Of these, while and if statements introduce interesting control flow, for the first time allowing programs that do something other than continue in a straight-line path. Compound statements are important in conjunction with while and if statements, in order to allow a loop body (for example) to perform more than one action. Moreover, introducing compound statements gives us a natural context for variable scoping. The comparison operators are the only addition of no real substance: they are fundamentally similar to the arithmetic operators, except for a minor quirk of LLVM that we will need to work around. The comparison operators could equally well have been in the compiler the whole time. The only reason to add them now is that they become particularly handy to have now that we have loops and conditional statements.

Some notes on the new language features

We will follow the lead of C, rather than Java, in using integers to represent truth values, rather than having a separate boolean type.

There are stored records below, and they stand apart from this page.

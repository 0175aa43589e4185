-- ===== src/Crf.antt =====
-- packages/git-artifacts/src/crf.ts: canonical JSON, its digest, and the canonical order of the files
-- of a manifest. A text is the sequence of its UTF-16 code units. The modules below prove.
pub mod Canonical
pub mod Documents
pub mod Files
use Prim.Native.Nat.{ℕ, zero, suc, ◌+◌, ◌-◌, ◌/◌, ◌%◌}
use mathlib.Core.List.{reverse}
use remote_agent_devbox.Common.{
  String, ◌<>◌, Bool, true, false, ◌&&◌, ◌||◌, List, [], ◌∷◌, ◌++◌, map, ltb, leb, ◌==◌, nat_eq,
  if◌then◌else◌, other, Result, ok, err, Error, lex_leb, sort,
}
use remote_agent_devbox.Names.{codes, decimal, is_sha256_digest}

abbrev pub Text : Type 0
Text = List ℕ

-- The UTF-16 code units of a sequence of code points.
unfoldable pub units : List ℕ → Text
units [] = []
units (c ∷ cs) =
    let rest = units cs in
    if ltb c 65536
    then c ∷ rest
    else (55296 + (c - 65536) / 1024) ∷ (56320 + (c - 65536) % 1024) ∷ rest

abbrev pub text : String → Text
text s = units (codes s)

-- The values that `canonicalJson` tells apart. `below_zero n` is −(n + 1); `unsafe` is a number that
-- is no safe integer; `instance_object` has a prototype of its own; `unsupported` has another
-- `typeof`. An object lists its entries in the order of `Object.entries`.
mutual
  pub data Json : Type 0 where
    null undefined : Json
    boolean : Bool → Json
    characters : Text → Json
    whole : ℕ → Json
    below_zero : ℕ → Json
    unsafe : Json
    array : Items → Json
    object : Entries → Json
    instance_object : Json
    unsupported : String → Json

  pub data Items : Type 0 where
    nil : Items
    item : Json → Items → Items

  pub data Entries : Type 0 where
    end : Entries
    entry : Text → Json → Entries → Entries

abbrev hex_digit : ℕ → ℕ
hex_digit n = if ltb n 10 then b'0' + n else b'a' + (n - 10)

-- \uXXXX
escaped : ℕ → Text
escaped c =
    b'\\'
    ∷ b'u'
    ∷ hex_digit (c / 4096)
    ∷ hex_digit (c / 256 % 16)
    ∷ hex_digit (c / 16 % 16)
    ∷ hex_digit (c % 16)
    ∷ []

abbrev leads : ℕ → Bool
leads c = leb 55296 c && leb c 56319

abbrev trails : ℕ → Bool
trails c = leb 56320 c && leb c 57343

-- One code unit that is not part of a surrogate pair.
quoted_unit : ℕ → Text
unfolding escaped
quoted_unit c =
    if c == b'"' || c == b'\\'
    then b'\\' ∷ c ∷ []
    else if c == 8
    then b'\\' ∷ b'b' ∷ []
    else if c == 9
    then b'\\' ∷ b't' ∷ []
    else if c == 10
    then b'\\' ∷ b'n' ∷ []
    else if c == 12
    then b'\\' ∷ b'f' ∷ []
    else if c == 13
    then b'\\' ∷ b'r' ∷ []
    else if ltb c 32 || leads c || trails c
    then escaped c
    else c ∷ []

-- What JSON.stringify puts between the quotes; a surrogate pair stays, a lone surrogate is escaped.
quoted : Text → Text
unfolding quoted_unit
quoted [] = []
quoted (c ∷ []) = quoted_unit c
quoted (c ∷ d ∷ rest) = elim (leads c && trails d) [
  | true ↦ c ∷ d ∷ quoted rest
  | false ↦ quoted_unit c ++ quoted (d ∷ rest)
]

-- JSON.stringify(text)
unfoldable pub stringify : Text → Text
unfolding quoted
stringify t = b'"' ∷ (quoted t ++ (b'"' ∷ []))

-- Number.MAX_SAFE_INTEGER
abbrev max_safe_integer : ℕ
max_safe_integer = 9007199254740991

-- texts.join(",")
abbrev joined : List Text → Text
joined [] = []
joined (t ∷ []) = t
joined (t ∷ u ∷ ts) = t ++ (b',' ∷ joined (u ∷ ts))

abbrev in_front {ℓ} : {A : Type ℓ} → Result A → Result (List A) → Result (List A)
in_front (err e) rest = err e
in_front (ok a) (err e) = err e
in_front (ok a) (ok rest) = ok (a ∷ rest)

abbrev enclosed : ℕ → ℕ → Result (List Text) → Result Text
enclosed open_ close (err e) = err e
enclosed open_ close (ok texts) = ok (open_ ∷ (joined texts ++ (close ∷ [])))

-- `${JSON.stringify(key)}:${canonicalJson(entry)}`
abbrev member_text : Text × Result Text → Result Text
member_text (key, err e) = err e
member_text (key, ok value) = ok (stringify key ++ (b':' ∷ value))

-- The first member that throws, else the texts of all.
unfoldable pub member_texts : List (Text × Result Text) → Result (List Text)
unfolding stringify
member_texts [] = ok []
member_texts (m ∷ ms) = in_front (member_text m) (member_texts ms)

-- compareText(left, right) <= 0, on the keys
abbrev pub key_before : Text × Result Text → Text × Result Text → Bool
key_before left right = lex_leb left.0 right.0

abbrev safe : ℕ → Text → Result Text
safe n t =
    if leb n max_safe_integer then ok t else err (other "canonical JSON accepts only safe integers")

unfoldable mutual
  unfolding member_texts stringify units lex_leb sort

  pub canonical_json : Json → Result Text
  canonical_json Json.null = ok (text "null")
  canonical_json Json.undefined = err (other "canonical JSON rejects undefined")
  canonical_json (Json.boolean true) = ok (text "true")
  canonical_json (Json.boolean false) = ok (text "false")
  canonical_json (Json.characters t) = ok (stringify t)
  canonical_json (Json.whole n) = safe n (text (decimal n))
  canonical_json (Json.below_zero n) = safe (suc n) (b'-' ∷ text (decimal (suc n)))
  canonical_json Json.unsafe = err (other "canonical JSON accepts only safe integers")
  canonical_json (Json.array items) = enclosed b'[' b']' (item_texts items)
  canonical_json (Json.object entries) =
      enclosed b'{' b'}' (member_texts (sort key_before (members entries)))
  canonical_json Json.instance_object = err (other "canonical JSON accepts only plain objects")
  canonical_json (Json.unsupported kind) = err (other ("canonical JSON rejects " <> kind))

  pub item_texts : Items → Result (List Text)
  item_texts Items.nil = ok []
  item_texts (Items.item v items) = in_front (canonical_json v) (item_texts items)

  -- The keys, each with what its value becomes.
  pub members : Entries → List (Text × Result Text)
  members Entries.end = []
  members (Entries.entry key v entries) = (key, canonical_json v) ∷ members entries

module _ (sha256 : Text → String) where
  abbrev digest_of : Result Text → Result String
  digest_of (err e) = err e
  digest_of (ok t) =
      let digest = "sha256:" <> sha256 t in
      if is_sha256_digest digest then ok digest else err (other "digest is not canonical SHA-256")

  -- `sha256` is the hexadecimal digest of the text in UTF-8.
  unfoldable pub digest_canonical : Json → Result String
  unfolding canonical_json
  digest_canonical value = digest_of (canonical_json value)
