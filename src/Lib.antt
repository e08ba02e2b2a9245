-- ===== src/Lib.antt =====
-- A verification library of amp-host-go, the host of the AMP protocol.
--
-- Each module is about the code of one package. Go functions keep their names in snake_case, and a
-- method takes and returns the values of what it reads and writes.
--
-- Base: shared helpers. Words has the integers of fixed width as bit patterns, Bytes the byte
--   slices with bytes.Compare, bytes.Equal and bytes.HasPrefix, Sort and Search Go's sort.Sort and
--   sort.Search. sort.Search recurs on fuel `n`, which is enough because each round shortens the
--   range of length `n`.
-- Ski.Key: KeyInfo and KeyEntry of ski/api.ski.pb.go, and their order in ski/ski.support.go.
-- Ski.Keyring: the methods of Keyring in ski/ski.support.go. The loop of MergeKeys recurs on fuel,
--   the length of the source, which is enough because each round shortens what is left to look at.
--
-- Ski.Tome: KeyTome and KeyTomeMgr of the same file. MergeTome's loop recurs on fuel as that of
--   MergeKeys; the generated Marshal and Unmarshal are parameters.
-- Ski.Payload: PayloadPacker and PayloadUnpacker of ski/ski.support.go. The generated codec of
--   SigHeader, the hash functions, an EnclaveSession and a kit's verification are parameters, an Env.
--   uint32 is wrapped, and a slice or an index out of range is a panic, which is a value.
-- Ski.CryptoKit: what a kit offers, as a record, and FetchHasher. Ski.Nacl and Ski.Ed25519 fill it
--   with the kits of ski/nacl/nacl.go and ski/ed25519/ed25519.go. The functions of
--   golang.org/x/crypto are parameters, with what it documents in IsNacl and IsEd, and so is the
--   io.Reader. A slice out of range panics, which is a value. Go bounds `key[:32]` by the capacity
--   of the key, so a key that is sliced is given as the bytes up to its capacity.
-- Ski.Kits: the registry of crypto kits in ski/api.ski.go; a kit's ID and what it verifies are
--   parameters.
-- Host.Session: the requests of a session, in amp/host/host.go. A session is a value with the map
--   openOps, a store of requests, and logs of what it is given to send; a tag.ID is a number, and 0
--   the nil ID. Closing has closeOp and what calls it, Adding addClientOp, Incoming handleIncomingOp
--   with submitToApp, Events the steps of consumeInbox, of the loops of the apps and of the pins
--   that push messages, and AppAttrs the start of GetAppAttr and PutAppAttr. A step is what a
--   goroutine does between two waits for an app, a mutex or a message; a call of closeOp is part of
--   the step that makes it, or goes on in a step of its own after it marked the request. `blocks`
--   is the result of a step that cannot go on, and `waiting` says which call holds openOpsMu while
--   it waits for a request to be started.
--   What the code cannot know, such as the outcome of a pin's ServeRequest, of tx.CheckMetaAttr or
--   of url.Parse, is an argument of the step.
-- Host.Apps: the app contexts of a session in the same file, by the steps of appContextForAppID and
--   of the end of a context, which both hold activeAppsMu. Host.Login: handleLogin and what OnRun
--   does after it. Host.Link: SendTx and the two loops of StartNewSession, one message a step.
-- Host.LibService: Realloc and Close of amp/host/lib_service/lib.service.go. `max_alloc` is the most
--   that the runtime allocates; make panics above it.
-- Symbols: the table of amp/badger/symbol_table/table.go. badger's database and sequence and the
--   codec of symbol.ID are parameters, an Env, with what is documented of them in IsLawful. How the
--   transactions of a call end is an argument, Attempts; on a conflict it has the database as the
--   other writers left it, and the loop recurs on it. Symbols.Issuer has the reference count of an
--   issuer, in issuer.go, Symbols.Issuing its making and its IDs, and Symbols.Lifetime the tables
--   that share one, as steps of CreateTable of api.go and of AddRef and Close of table.go.
--
-- Host.Tcp: the TCP server of amp/host/tcp_service/tcp.service.go, as the steps of Serve, of Stop and
--   of Close between their blocking calls. `mu_held` is a mutex that nobody will release.
-- Shoutcast.Stream: Read of amp/apps/amp.app.shoutcast/stream.go. The body of the response is a
--   parameter, and IsFilling says that it gives the bytes of a list and as many as it is asked for,
--   as long as it has them. The loop that reads the rest of a block recurs on the number of missing
--   bytes, and the loop of Read on the number of bytes read; both are enough since each round
--   shortens what is left. The parsing of the metadata is not modelled.
-- Space.Cell: a cell of amp/apps/amp.app.space/app.spaces.db.go. badger's database and the writers
--   and readers of tag.ID are parameters. How the transactions of a call end is an argument, on
--   which the retry loop recurs. Pins has removeSync; a pin is a number. The sends of pushToPins and
--   pushSnapshot to a pin are not modelled.
-- Space.Serving: the requests of the same file. What the symbol tables, badger and the contexts
--   answer are parameters. launchPin and ServeRequest recur on fuel; three calls are enough since
--   ServeRequest calls launchPin with an ID that is not nil.
-- Assets: amp/assets/assetServer.go, the IDs of assets in Ids and their table in Server. The outer
--   loop of GenerateAssetID recurs on the number of characters, which is enough since each round
--   writes one. PublishAsset is two steps, between which the asset's context may close.
--
-- Not modelled: the volatile issuer of a symbol table in memory, the capacity of the apps' inboxes,
-- what GetAppAttr and PutAppAttr do once their request is ready, two Keyrings that are one object,
-- nil pointers to a KeyInfo, what is left in the memory behind a shortened slice, the mutexes of
-- the packer and the unpacker, the parsing of a stream's metadata and the opening of a stream, the
-- contexts that close cells and pins, the HTTP side of the asset server and the channels of the
-- library service. Of the remaining packages, some are generated code, calls of web services or
-- start-up code; the file system app and arcgate are left out too.
pub mod Assets
pub mod Base
pub mod Ski
pub mod Host
pub mod Symbols
pub mod Shoutcast
pub mod Space
mod Tests
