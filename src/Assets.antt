-- ===== src/Assets.antt =====
-- The asset server, amp/assets.
pub mod Ids
pub mod Server
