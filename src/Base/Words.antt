-- ===== src/Base/Words.antt =====
-- Go's fixed-width integers as bit patterns below 2 ^ w, with the wrap-around written out.
-- A signed value is the two's complement reading of its pattern.
use Prim.Native.Nat.{ℕ, ◌+◌, ◌-◌, ◌%◌, ◌^◌}
use mathlib.Core.Bool.{Bool}
use amp_host_go.Base.Tests.{ltb, leb, if◌then◌else◌}

-- `a - b` on int64 and on int32.
abbrev pub sub_int64 : ℕ → ℕ → ℕ
sub_int64 a b = (a + 2 ^ 64 - b) % 2 ^ 64

abbrev pub sub_int32 : ℕ → ℕ → ℕ
sub_int32 a b = (a + 2 ^ 32 - b) % 2 ^ 32

-- The conversion `int(x)` of an int32 sign-extends.
abbrev pub int_of_int32 : ℕ → ℕ
int_of_int32 x = if ltb x (2 ^ 31) then x else x + (2 ^ 64 - 2 ^ 32)

-- The int -1.
abbrev pub minus_one : ℕ
minus_one = 2 ^ 64 - 1

-- `x < 0` on an int.
abbrev pub is_negative : ℕ → Bool
is_negative x = leb (2 ^ 63) x

-- `a > b` on int64: the patterns are compared after the sign bit is flipped.
abbrev pub gt_int64 : ℕ → ℕ → Bool
gt_int64 a b = ltb ((b + 2 ^ 63) % 2 ^ 64) ((a + 2 ^ 63) % 2 ^ 64)

abbrev pub ge_int64 : ℕ → ℕ → Bool
ge_int64 a b = leb ((b + 2 ^ 63) % 2 ^ 64) ((a + 2 ^ 63) % 2 ^ 64)
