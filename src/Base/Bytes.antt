-- ===== src/Base/Bytes.antt =====
-- Byte slices, with `bytes.Compare`, `bytes.Equal` and `bytes.HasPrefix` of Go's library.
use Prim.Native.Nat.{ℕ}
use mathlib.Core.Path.{◌≡◌, refl}
use mathlib.Core.Bool.{Bool, true, false, ◌&&◌}
use mathlib.Core.Logic.{◌⊎◌}
use mathlib.Core.List.{List, [], ◌∷◌}
use native.Mathlib.Omega.{arith}
use amp_host_go.Base.Tests.{ltb, ◌==◌, if◌then◌else◌}
use amp_host_go.Base.Words.{minus_one, is_negative}

-- A `[]byte`; nil and the empty slice are the same value here.
abbrev pub Bytes : Type 0
Bytes = List ℕ

-- `bytes.Compare`: -1, 0 or 1 by the lexicographic order.
unfoldable pub compare_bytes : Bytes → Bytes → ℕ
compare_bytes [] [] = 0
compare_bytes [] (y ∷ ys) = minus_one
compare_bytes (x ∷ xs) [] = 1
compare_bytes (x ∷ xs) (y ∷ ys) =
    if x == y then compare_bytes xs ys else (if ltb x y then minus_one else 1)

unfoldable pub equal_bytes : Bytes → Bytes → Bool
equal_bytes [] [] = true
equal_bytes [] (y ∷ ys) = false
equal_bytes (x ∷ xs) [] = false
equal_bytes (x ∷ xs) (y ∷ ys) = x == y && equal_bytes xs ys

-- `bytes.HasPrefix(s, prefix)`.
unfoldable pub has_prefix : Bytes → Bytes → Bool
has_prefix s [] = true
has_prefix [] (y ∷ ys) = false
has_prefix (x ∷ xs) (y ∷ ys) = x == y && has_prefix xs ys

-- `bytes.Compare(a, b) < 0`.
abbrev pub below_bytes : Bytes → Bytes → Bool
below_bytes a b = is_negative (compare_bytes a b)

pub compare_bytes_cases :
    (a b : Bytes)
    → (compare_bytes a b ≡ 0) ⊎ (compare_bytes a b ≡ minus_one) ⊎ (compare_bytes a b ≡ 1)
unfolding compare_bytes
compare_bytes_cases [] [] = ground arith
compare_bytes_cases [] (y ∷ ys) = ground arith
compare_bytes_cases (x ∷ xs) [] = ground arith
compare_bytes_cases (x ∷ xs) (y ∷ ys) = ground (arith, compare_bytes_cases xs ys)

pub compare_bytes_refl : (a : Bytes) → compare_bytes a a ≡ 0
unfolding compare_bytes
compare_bytes_refl [] = refl
compare_bytes_refl (x ∷ xs) = ground (arith, compare_bytes_refl xs)

pub compare_bytes-eq : (a b : Bytes) → compare_bytes a b ≡ 0 → a ≡ b
unfolding compare_bytes
compare_bytes-eq [] [] h = refl
compare_bytes-eq [] (y ∷ ys) h = ground arith
compare_bytes-eq (x ∷ xs) [] h = ground arith
compare_bytes-eq (x ∷ xs) (y ∷ ys) h = ground (arith, compare_bytes-eq xs ys)

pub compare_bytes_flip : (a b : Bytes) → compare_bytes a b ≡ minus_one → compare_bytes b a ≡ 1
unfolding compare_bytes
compare_bytes_flip [] [] h = ground arith
compare_bytes_flip [] (y ∷ ys) h = refl
compare_bytes_flip (x ∷ xs) [] h = ground arith
compare_bytes_flip (x ∷ xs) (y ∷ ys) h = ground (arith, compare_bytes_flip xs ys)

pub compare_bytes_flop : (a b : Bytes) → compare_bytes a b ≡ 1 → compare_bytes b a ≡ minus_one
unfolding compare_bytes
compare_bytes_flop [] [] h = ground arith
compare_bytes_flop [] (y ∷ ys) h = ground arith
compare_bytes_flop (x ∷ xs) [] h = refl
compare_bytes_flop (x ∷ xs) (y ∷ ys) h = ground (arith, compare_bytes_flop xs ys)

pub compare_bytes_trans :
    (a b c : Bytes)
    → compare_bytes a b ≡ minus_one
    → compare_bytes b c ≡ minus_one
    → compare_bytes a c ≡ minus_one
unfolding compare_bytes
compare_bytes_trans [] [] c h k = ground arith
compare_bytes_trans [] (y ∷ ys) [] h k = ground arith
compare_bytes_trans [] (y ∷ ys) (z ∷ zs) h k = refl
compare_bytes_trans (x ∷ xs) [] c h k = ground arith
compare_bytes_trans (x ∷ xs) (y ∷ ys) [] h k = ground arith
compare_bytes_trans (x ∷ xs) (y ∷ ys) (z ∷ zs) h k = ground (arith, compare_bytes_trans xs ys zs)

-- "Not after": the order that a sorted slice has.
pub below_bytes_asym : (a b : Bytes) → below_bytes a b ≡ true → below_bytes b a ≡ false
below_bytes_asym a b h = ground (arith, compare_bytes_cases a b, compare_bytes_flip a b)

pub below_bytes_weak_trans :
    (a b c : Bytes) → below_bytes b a ≡ false → below_bytes c b ≡ false → below_bytes c a ≡ false
below_bytes_weak_trans a b c h k = ground (
  arith,
  compare_bytes_cases a b,
  compare_bytes_cases b a,
  compare_bytes_flip a b,
  compare_bytes_flop b a,
  compare_bytes-eq b a,
  compare_bytes_cases c b,
  compare_bytes_flop c b,
  compare_bytes-eq c b,
  compare_bytes_cases c a,
  compare_bytes_trans a b c,
  compare_bytes_flip a c,
  compare_bytes_flip c a,
)

-- Neither below the other: equal.
pub below_bytes_antisym :
    (a b : Bytes) → below_bytes a b ≡ false → below_bytes b a ≡ false → compare_bytes a b ≡ 0
below_bytes_antisym a b h k =
    ground (arith, compare_bytes_cases a b, compare_bytes_cases b a, compare_bytes_flop a b)

pub below_bytes_trans :
    (a b c : Bytes) → below_bytes a b ≡ true → below_bytes b c ≡ true → below_bytes a c ≡ true
below_bytes_trans a b c h k =
    ground (arith, compare_bytes_cases a b, compare_bytes_cases b c, compare_bytes_trans a b c)

pub equal_bytes_refl : (a : Bytes) → equal_bytes a a ≡ true
unfolding equal_bytes
equal_bytes_refl [] = refl
equal_bytes_refl (x ∷ xs) = ground (arith, equal_bytes_refl xs)

pub equal_bytes-eq : (a b : Bytes) → equal_bytes a b ≡ true → a ≡ b
unfolding equal_bytes
equal_bytes-eq [] [] h = refl
equal_bytes-eq [] (y ∷ ys) h = cc
equal_bytes-eq (x ∷ xs) [] h = cc
equal_bytes-eq (x ∷ xs) (y ∷ ys) h = ground (arith, equal_bytes-eq xs ys)

-- What is below a prefix does not have it.
pub has_prefix_below : (a p : Bytes) → below_bytes a p ≡ true → has_prefix a p ≡ false
unfolding compare_bytes has_prefix
has_prefix_below [] [] h = ground arith
has_prefix_below [] (y ∷ ys) h = refl
has_prefix_below (x ∷ xs) [] h = ground arith
has_prefix_below (x ∷ xs) (y ∷ ys) h = ground (arith, has_prefix_below xs ys)

-- Above a byte string that is not below the prefix and lacks it, nothing has the prefix.
pub has_prefix_above :
    (a b p : Bytes)
    → below_bytes a p ≡ false
    → has_prefix a p ≡ false
    → below_bytes b a ≡ false
    → has_prefix b p ≡ false
unfolding compare_bytes has_prefix
has_prefix_above a b [] h k l = cc
has_prefix_above [] b (z ∷ p) h k l = ground arith
has_prefix_above (x ∷ xs) [] (z ∷ p) h k l = refl
has_prefix_above (x ∷ xs) (y ∷ ys) (z ∷ p) h k l = ground (arith, has_prefix_above xs ys p)

pub equal_bytes_below : (a t : Bytes) → below_bytes a t ≡ true → equal_bytes a t ≡ false
unfolding compare_bytes equal_bytes
equal_bytes_below [] [] h = ground arith
equal_bytes_below [] (y ∷ ys) h = refl
equal_bytes_below (x ∷ xs) [] h = refl
equal_bytes_below (x ∷ xs) (y ∷ ys) h = ground (arith, equal_bytes_below xs ys)

-- The same for equality with the whole.
pub equal_bytes_above :
    (a b t : Bytes)
    → below_bytes a t ≡ false
    → equal_bytes a t ≡ false
    → below_bytes b a ≡ false
    → equal_bytes b t ≡ false
unfolding compare_bytes equal_bytes
equal_bytes_above [] b [] h k l = cc
equal_bytes_above [] b (z ∷ t) h k l = ground arith
equal_bytes_above (x ∷ xs) [] [] h k l = ground arith
equal_bytes_above (x ∷ xs) (y ∷ ys) [] h k l = refl
equal_bytes_above (x ∷ xs) [] (z ∷ t) h k l = refl
equal_bytes_above (x ∷ xs) (y ∷ ys) (z ∷ t) h k l = ground (arith, equal_bytes_above xs ys t)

If the condition of a while or if evaluates to a non-zero value it counts as true, while a zero value counts as false. The comparison operations should all produce 1 for true and 0 for false. The comparison operators should be usable anywhere any other operator (e.g., +) could be used. So, for example, there is nothing wrong with

x = y > z;

which assigns x the value 1 or 0, or

println((x > y) + (z > w));

which prints one of 0, 1, or 2.

The syntax of while and if statements should be as in C (and C++ and Java). For example, the controlling expression in each case must be parenthesized. Remember that any statement can be used as the body of a loop, or as an alternative in an if statement: there is no requirement of curly braces. They have nothing to do with the while or if statement and are only present if a compound statement is used; they form part of the compound statement. For example, the following three while loops are all legal:

while(x >= 10)
  x = x / 10;     // body is an assignment statement

while(x >= 10){   // body is a compound statement, which
  x = x / 10;     // happens to only have one statement in it
  }

while(x >= 10){   // body is a more general compound statement
  int d = x % 10;
  x = x / 10;
  println(d);
  }

{                 // here is is a compound statement
 int x = 3;
 {                // with another compound statement inside
  int y = 4;      // just to emphasize that they don't
  println(x+y);   // need to show up with while or if
 }
 println(x);
}

Each brace-enclosed compound statement constitutes a new scope, nested inside the surrounding scope. It is legal to redeclare a variable that was declared in some outer, surrounding scope, but not legal to redeclare a variable in the exact same scope.

Comparison operations in LLVM

Each comparison operation needs to translate into two LLVM instructions because LLVM is a strongly typed language, in which 32-bit values (such as we are using for integers) are distinct from 1-bit values (such as the comparison instruction produces). As such, we need to first use one instruction to do the comparison (producing a 1-bit result) and then a second instruction to widen it to 32 bits. This second instruction is known as "zero extension," because the 31 additional bits are always zero. Here is an example of testing whether the value named %t0 is less than the value named %t1:

    %t2 = icmp slt i32 %t0, %t1
    %t3 = zext i1 %t2 to i32

At this point, the value named %t3 is a normal 32-bit integer value, which will be either 0 or 1. The code slt indicates that a signed less-than comparison was desired. Other comparisons are sgt (signed greater than), sle (signed less than or equal to), sge (signed greater than or equal to), eq (equal to), and ne (not equal to).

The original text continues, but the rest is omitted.